**Exercise aim**: Where the material below has a line containing "Writes-then _ (extra_field 6", start repeating exactly, and keep going through the line containing "(extra-Writes 5 ev.detail))", with no other lines.

**Study material**:
----------------------------------------
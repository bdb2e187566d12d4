-- ===== src/Schema/RoundTrip.antt =====
-- What the device writes for the server, the server reads
-- (firmware/ephemerkey-envelope/src/schema.rs).
use mathlib.Core.List.{append_assoc, append-nil}
use ephemerkey.Common.{
  ℕ, suc, ◌+◌, ◌<◌, ◌≤◌, ◌^◌, ◌≡◌, refl, ap, ◌∙◌, true, Option, none, some, List, [], ◌∷◌, ◌++◌,
  length, arith, All,
}
use ephemerkey.Cbor.{ok}
use ephemerkey.Cbor.Encode
use ephemerkey.Cbor.RoundTrip.{
  head_bytes, bstr_bytes, head-Wrote, bstr-Wrote, expect-head_bytes, bstr-bstr_bytes,
}
use ephemerkey.Envelope.Bytes.{Writes, Writes-then, Writes-done}
use ephemerkey.Envelope.Signing.{bstr_at_end}
use ephemerkey.Schema.{
  ack_encode, ack_fields, ack_decode, Event, as_u64, extra_field, event_encode, Partly, no_event,
  event_fields, read_one, read_events,
}

abbrev ack_bytes : ℕ → List ℕ → List ℕ
ack_bytes seq hash =
    (((head_bytes 5 2 ++ head_bytes 0 1) ++ head_bytes 0 seq) ++ head_bytes 0 2)
    ++ bstr_bytes 2 hash

ack_encode_lem :
    (cap seq : ℕ) (hash t : List ℕ) → ack_encode cap seq hash ≡ ok t → t ≡ ack_bytes seq hash
unfolding ack_encode
ack_encode_lem cap seq hash t h =
    Writes-done _ (ack_bytes seq hash) t cap
      (Writes-then _ (Encode.bstr hash) _ (bstr_bytes 2 hash)
        (Writes-then _ (Encode.uint 2) _ (head_bytes 0 2)
          (Writes-then _ (Encode.uint seq) _ (head_bytes 0 seq)
            (Writes-then (Encode.map 2) (Encode.uint 1) (head_bytes 5 2) (head_bytes 0 1)
              (head-Wrote 5 2) (head-Wrote 0 1))
            (head-Wrote 0 seq))
          (head-Wrote 0 2))
        (bstr-Wrote 2 hash))
      h

nest4 : (a b c d : List ℕ) → ((a ++ b) ++ c) ++ d ≡ a ++ (b ++ (c ++ d))
nest4 a b c d = append_assoc (a ++ b) c d ∙ append_assoc a b (c ++ d)

-- An acknowledgement that `ack_encode` wrote, of a 64-bit number and a hash of 32 bytes, `ack_decode`
-- reads.
pub ack_decode-ack_encode :
    (cap seq : ℕ) (hash payload : List ℕ)
    → seq < 2 ^ 64
    → length hash ≡ 32
    → ack_encode cap seq hash ≡ ok payload
    → ack_decode payload ≡ ok (seq, hash)
unfolding ack_decode ack_fields
ack_decode-ack_encode cap seq hash payload ls lh h =
    let tail = head_bytes 0 2 ++ bstr_bytes 2 hash in
    let e =
      ack_encode_lem cap seq hash payload h
      ∙ (append_assoc ((head_bytes 5 2 ++ head_bytes 0 1) ++ head_bytes 0 seq) (head_bytes 0 2)
            (bstr_bytes 2 hash)
          ∙ nest4 (head_bytes 5 2) (head_bytes 0 1) (head_bytes 0 seq) tail) in
    rw
      (
        e,
        expect-head_bytes 5 2 (head_bytes 0 1 ++ (head_bytes 0 seq ++ tail)) (omega arith)
            (omega arith),
        expect-head_bytes 0 1 (head_bytes 0 seq ++ tail) (omega arith) (omega arith),
        expect-head_bytes 0 seq tail (omega arith) ls,
        expect-head_bytes 0 2 (bstr_bytes 2 hash) (omega arith) (omega arith),
        bstr_at_end hash (omega arith),
        lh,
      )
      refl

-- The numbers of an event are of 64 bits, and its byte strings fit a length of 32 bits.
abbrev pub ExtraFits : Option (List ℕ) → Type 0
ExtraFits none = Unit {0}
ExtraFits (some b) = length b < 2 ^ 32

pub record EventFits (ev : Event) : Type 0 where
  pub seq_fits : ev.seq < 2 ^ 64
  pub ts_fits : ev.rtc_ts < 2 ^ 64
  pub kind_fits : ev.kind < 2 ^ 64
  pub detail_fits : ExtraFits ev.detail
  pub tag_fits : ExtraFits ev.chain_tag

abbrev extra_bytes : ℕ → Option (List ℕ) → List ℕ
extra_bytes key none = []
extra_bytes key (some b) = head_bytes 0 key ++ bstr_bytes 2 b

extra-Writes : (key : ℕ) (o : Option (List ℕ)) → Writes (extra_field key o) (extra_bytes key o)
extra-Writes key none = λ e e' h. let q : e' ≡ e = cc in rw (append-nil e.out) q
extra-Writes key (some b) =
    Writes-then (Encode.uint key) (Encode.bstr b) _ _ (head-Wrote 0 key) (bstr-Wrote 2 b)

abbrev event_bytes : Event → List ℕ
event_bytes ev =
    (((((((head_bytes 5 (3 + (as_u64 ev.detail + as_u64 ev.chain_tag)) ++ head_bytes 0 1)
                ++ head_bytes 0 ev.seq)
              ++ head_bytes 0 3)
            ++ head_bytes 0 ev.rtc_ts)
          ++ head_bytes 0 4)
        ++ head_bytes 0 ev.kind)
      ++ extra_bytes 5 ev.detail)
    ++ extra_bytes 6 ev.chain_tag

pub event_encode-Writes : (ev : Event) → Writes (event_encode ev) (event_bytes ev)
unfolding event_encode
event_encode-Writes ev =
    Writes-then _ (extra_field 6 ev.chain_tag) _ _
      (Writes-then _ (extra_field 5 ev.detail) _ _
        (Writes-then _ (Encode.uint ev.kind) _ _
          (Writes-then _ (Encode.uint 4) _ _
            (Writes-then _ (Encode.uint ev.rtc_ts) _ _
              (Writes-then _ (Encode.uint 3) _ _
                (Writes-then _ (Encode.uint ev.seq) _ _
                  (Writes-then (Encode.map _) (Encode.uint 1) _ _ (head-Wrote 5 _) (head-Wrote 0 1))
                  (head-Wrote 0 ev.seq))
                (head-Wrote 0 3))
              (head-Wrote 0 ev.rtc_ts))
            (head-Wrote 0 4))
          (head-Wrote 0 ev.kind))
        (extra-Writes 5 ev.detail))
      (extra-Writes 6 ev.chain_tag)

seq_field :
    (n v : ℕ) (p : Partly) (bs : List ℕ)
    → v < 2 ^ 64
    → event_fields (suc n) p (head_bytes 0 1 ++ (head_bytes 0 v ++ bs))
      ≡ event_fields n (record p { event = record p.event { seq = v }; got_seq = true }) bs
unfolding event_fields
seq_field n v p bs lv =
    rw
      (
        expect-head_bytes 0 1 (head_bytes 0 v ++ bs) (omega arith) (omega arith),
        expect-head_bytes 0 v bs (omega arith) lv,
      )
      refl

ts_field :
    (n v : ℕ) (p : Partly) (bs : List ℕ)
    → v < 2 ^ 64
    → event_fields (suc n) p (head_bytes 0 3 ++ (head_bytes 0 v ++ bs))
      ≡ event_fields n (record p { event = record p.event { rtc_ts = v } }) bs
unfolding event_fields
ts_field n v p bs lv =
    rw
      (
        expect-head_bytes 0 3 (head_bytes 0 v ++ bs) (omega arith) (omega arith),
        expect-head_bytes 0 v bs (omega arith) lv,
      )
      refl

kind_field :
    (n v : ℕ) (p : Partly) (bs : List ℕ)
    → v < 2 ^ 64
    → event_fields (suc n) p (head_bytes 0 4 ++ (head_bytes 0 v ++ bs))
      ≡ event_fields n (record p { event = record p.event { kind = v }; got_kind = true }) bs
unfolding event_fields
kind_field n v p bs lv =
    rw
      (
        expect-head_bytes 0 4 (head_bytes 0 v ++ bs) (omega arith) (omega arith),
        expect-head_bytes 0 v bs (omega arith) lv,
      )
      refl

detail_field :
    (n : ℕ) (o : Option (List ℕ)) (p : Partly) (bs : List ℕ)
    → ExtraFits o
    → p.event.detail ≡ none
    → event_fields (as_u64 o + n) p (extra_bytes 5 o ++ bs)
      ≡ event_fields n (record p { event = record p.event { detail = o } }) bs
unfolding event_fields
detail_field n none p bs fits h =
    let z : 0 + n ≡ n = omega arith in
    rw z (
      ap
        (λ (o : Option (List ℕ)).
          event_fields n (record p { event = record p.event { detail = o } }) bs)
        h)
detail_field n (some b) p bs fits h =
    let z : 1 + n ≡ suc n = omega arith in
    rw
      (
        z,
        append_assoc (head_bytes 0 5) (bstr_bytes 2 b) bs,
        expect-head_bytes 0 5 (bstr_bytes 2 b ++ bs) (omega arith) (omega arith),
        bstr-bstr_bytes b bs fits,
      )
      refl

tag_field :
    (o : Option (List ℕ)) (p : Partly) (bs : List ℕ)
    → ExtraFits o
    → p.event.chain_tag ≡ none
    → event_fields (as_u64 o) p (extra_bytes 6 o ++ bs)
      ≡ ok (record p { event = record p.event { chain_tag = o } }, bs)
unfolding event_fields
tag_field none p bs fits h =
    ap (λ (o : Option (List ℕ)). ok (record p { event = record p.event { chain_tag = o } }, bs)) h
tag_field (some b) p bs fits h =
    rw
      (
        append_assoc (head_bytes 0 6) (bstr_bytes 2 b) bs,
        expect-head_bytes 0 6 (bstr_bytes 2 b ++ bs) (omega arith) (omega arith),
        bstr-bstr_bytes b bs fits,
      )
      refl

as_u64-le : (o : Option (List ℕ)) → as_u64 o ≤ 1
as_u64-le none = omega arith
as_u64-le (some b) = omega arith

nest9 :
    (a b c d e f g h i rest : List ℕ)
    → ((((((((a ++ b) ++ c) ++ d) ++ e) ++ f) ++ g) ++ h) ++ i) ++ rest
      ≡ a ++ (b ++ (c ++ (d ++ (e ++ (f ++ (g ++ (h ++ (i ++ rest))))))))
nest9 a b c d e f g h i rest = simp append_assoc

event_nested :
    (ev : Event) (rest : List ℕ)
    → event_bytes ev ++ rest
      ≡ head_bytes 5 (3 + (as_u64 ev.detail + as_u64 ev.chain_tag))
        ++ (head_bytes 0 1
            ++ (head_bytes 0 ev.seq
                ++ (head_bytes 0 3
                    ++ (head_bytes 0 ev.rtc_ts
                        ++ (head_bytes 0 4
                            ++ (head_bytes 0 ev.kind
                                ++ (extra_bytes 5 ev.detail
                                    ++ (extra_bytes 6 ev.chain_tag ++ rest))))))))
event_nested ev rest =
    nest9 (head_bytes 5 (3 + (as_u64 ev.detail + as_u64 ev.chain_tag))) (head_bytes 0 1)
      (head_bytes 0 ev.seq) (head_bytes 0 3) (head_bytes 0 ev.rtc_ts) (head_bytes 0 4)
      (head_bytes 0 ev.kind) (extra_bytes 5 ev.detail) (extra_bytes 6 ev.chain_tag) rest

read_one-event_bytes :
    (ev : Event) (rest : List ℕ) → EventFits ev → read_one (event_bytes ev ++ rest) ≡ ok (ev, rest)
unfolding read_one
read_one-event_bytes ev rest f =
    let n = as_u64 ev.detail + as_u64 ev.chain_tag in
    let a = as_u64-le ev.detail in
    let b = as_u64-le ev.chain_tag in
    let tail = extra_bytes 5 ev.detail ++ (extra_bytes 6 ev.chain_tag ++ rest) in
    let kind = head_bytes 0 4 ++ (head_bytes 0 ev.kind ++ tail) in
    let ts = head_bytes 0 3 ++ (head_bytes 0 ev.rtc_ts ++ kind) in
    let e3 : 3 + n ≡ suc (suc (suc n)) = omega arith in
    let p1 : Partly = record no_event {
      event = record no_event.event { seq = ev.seq };
      got_seq = true;
    } in
    let p2 : Partly = record p1 { event = record p1.event { rtc_ts = ev.rtc_ts } } in
    let p3 : Partly = record p2 { event = record p2.event { kind = ev.kind }; got_kind = true } in
    let p4 : Partly = record p3 { event = record p3.event { detail = ev.detail } } in
    let fields : event_fields (suc (suc (suc n))) no_event
          (head_bytes 0 1 ++ (head_bytes 0 ev.seq ++ ts))
        ≡ ok (record p4 { event = ev }, rest) =
      seq_field (suc (suc n)) ev.seq no_event ts f.seq_fits
      ∙ (ts_field (suc n) ev.rtc_ts p1 kind f.ts_fits
          ∙ (kind_field n ev.kind p2 tail f.kind_fits
              ∙ (detail_field (as_u64 ev.chain_tag) ev.detail p3
                    (extra_bytes 6 ev.chain_tag ++ rest) f.detail_fits refl
                  ∙ tag_field ev.chain_tag p4 rest f.tag_fits refl))) in
    rw (event_nested ev rest) (
      rw
        (expect-head_bytes 5 (3 + n) (head_bytes 0 1 ++ (head_bytes 0 ev.seq ++ ts)) (omega arith)
          (omega arith))
        (rw e3 (rw fields refl)))

-- The events of a batch.
abbrev pub batch_bytes : List Event → List ℕ
batch_bytes [] = []
batch_bytes (ev ∷ evs) = event_bytes ev ++ batch_bytes evs

pub read_events-batch_bytes :
    (evs : List Event) → All EventFits evs → read_events (length evs) (batch_bytes evs) ≡ ok evs
unfolding read_events
read_events-batch_bytes [] fits = refl
read_events-batch_bytes (ev ∷ evs) (f, fits) =
    rw (read_one-event_bytes ev (batch_bytes evs) f, read_events-batch_bytes evs fits) refl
----------------------------------------
**Result of the task**:
    Writes-then _ (extra_field 6 ev.chain_tag) _ _
      (Writes-then _ (extra_field 5 ev.detail) _ _
        (Writes-then _ (Encode.uint ev.kind) _ _
          (Writes-then _ (Encode.uint 4) _ _
            (Writes-then _ (Encode.uint ev.rtc_ts) _ _
              (Writes-then _ (Encode.uint 3) _ _
                (Writes-then _ (Encode.uint ev.seq) _ _
                  (Writes-then (Encode.map _) (Encode.uint 1) _ _ (head-Wrote 5 _) (head-Wrote 0 1))
                  (head-Wrote 0 ev.seq))
                (head-Wrote 0 3))
              (head-Wrote 0 ev.rtc_ts))
            (head-Wrote 0 4))
          (head-Wrote 0 ev.kind))
        (extra-Writes 5 ev.detail))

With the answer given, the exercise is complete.